On the other hand, increasing recognition of distinct geographic races with adaptive differences and evidence of genome-wide isolation among natural populations of CCV from neutral genetic markers may indicate that the potential impacts on the evolutionary trajectories of native stands, and their ecologies, may be higher than previously thought (Barbour et al. 2008). Evidence is mounting that populations of CCV differ in potentially important adaptive traits such as disease tolerance (Johnson et al. 2009; Pegg et al. 2011), frost tolerance (Larmour et al. 2000), terpene chemistry (Asante et al. 2001) and peak flowering time (this study), reflecting natural selection among populations for particular genes and gene combinations. Gene flow between populations may contribute to either mal-adaption (e.g. reduced reproductive fitness), or range expansion (e.g. perhaps because of higher tolerance to abiotic or biotic stress or enhanced dispersal) or both, in hybrids, as well as having wider ecological impacts on dependant fauna (perhaps owing to altered timing in the availability of nectar or pollen food source for pollinators, for example). Spotted gums are a food source for birds as well as flying mammals such as the grey headed flying fox (Southerton et al. 2004). These impacts may be increased where the ratio of pollen in the source (plantation) and the sink (native stand) is greater (Potts et al. 2003), and in some cases, the viability of small remnants may be threatened because of pollen swamping (Petit et al. 2004) or dilution of the reproductive capacity of native stands (i.e. by soaking up otherwise viable female gametes with mal-adapted pollen; Keim et al. 1989). Mal-adaption may manifest itself early in the life of the first-generation hybrid, perhaps mitigating further introgression, or it may be delayed beyond the onset of reproduction (such a temporal delay might be a consequence of climate change, for example), having longer-term implications for the recipient population.

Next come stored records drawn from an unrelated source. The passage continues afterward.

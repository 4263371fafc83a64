-- ===== src/Booking/Outcome/Chain.antt =====
-- apps/services/booking-service/src: transactions that move bookings on one after another, whichever they
-- are.
use our_driveway.Prelude.{ℕ, suc, Bool, ◌≡◌, ◌∙◌}
use our_driveway.Shared.Bookings.{BookingEvent}
use our_driveway.Booking.Table.{Db, Stamp}
use our_driveway.Booking.Outcome.{Outcome}

-- Outcomes in a row, at most `m` of them; the `n`-th booking takes the `n`-th stamp. The bookings and
-- the outbox are all that counts.
pub data Chain (stamps : ℕ → Stamp) : ℕ → ℕ → Db → Db → Type 0 where
  stop :
      {n m : ℕ} {db db' : Db}
      → db'.bookings ≡ db.bookings
      → db'.outbox ≡ db.outbox
      → Chain stamps n m db db'
  skip : {n m : ℕ} {db db' : Db} → Chain stamps (suc n) m db db' → Chain stamps n (suc m) db db'
  link :
      {n m : ℕ} {db mid db' : Db} {runs : Bool} {event : BookingEvent} (id : ℕ)
      → Outcome runs event id (stamps n).event_id db mid
      → Chain stamps (suc n) m mid db'
      → Chain stamps n (suc m) db db'

module _ (stamps : ℕ → Stamp) where
  pub Chain-extend :
      {n m : ℕ} {db mid db' : Db}
      → Chain stamps n m db mid
      → db'.bookings ≡ mid.bookings
      → db'.outbox ≡ mid.outbox
      → Chain stamps n m db db'
  Chain-extend (stop b o) e f = stop (e ∙ b) (f ∙ o)
  Chain-extend (skip os) e f = skip (Chain-extend os e f)
  Chain-extend (link id o os) e f = link id o (Chain-extend os e f)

Crossing and evaluation of fitness is also needed to assess whether outbreeding depression (OBD) will manifest in advanced generations of hybrids between genetic groups of spotted gum. A lowered fitness in the first-, and particularly later-generation hybrids of plants relative to the parental taxa (OBD) may also arise as a result of intrinsic (i.e. breakdown in co-adapted gene complexes) or extrinsic (i.e. hybrid less fit in particular environments) factors (Frankham et al. 2007). The breakdown in favourable epistatic interactions in co-adapted gene complexes, for example, is viewed as a likely cause of reduced vigour in other later-generation eucalypt hybrids (Costa e Silva et al. 2012). The degree of OBD in hybrids may relate to the genetic distance between the parents (e.g. because of distance, habitat or topographical barriers; Waser and Price 1989) and can be assessed by genetic markers and the F_st metric (Beaumont 2005). Three geographically based genetic groups have been identified within CCV and its relative CH, that align with habitat barriers are thought to be indicative of long-term restrictions to gene flow in the these taxa (Shepherd et al. 2008). It is unclear yet whether OBD will be evident in inter-racial crosses of CCV; however, if so, this may limit introgression between planted and native CCV in some circumstances.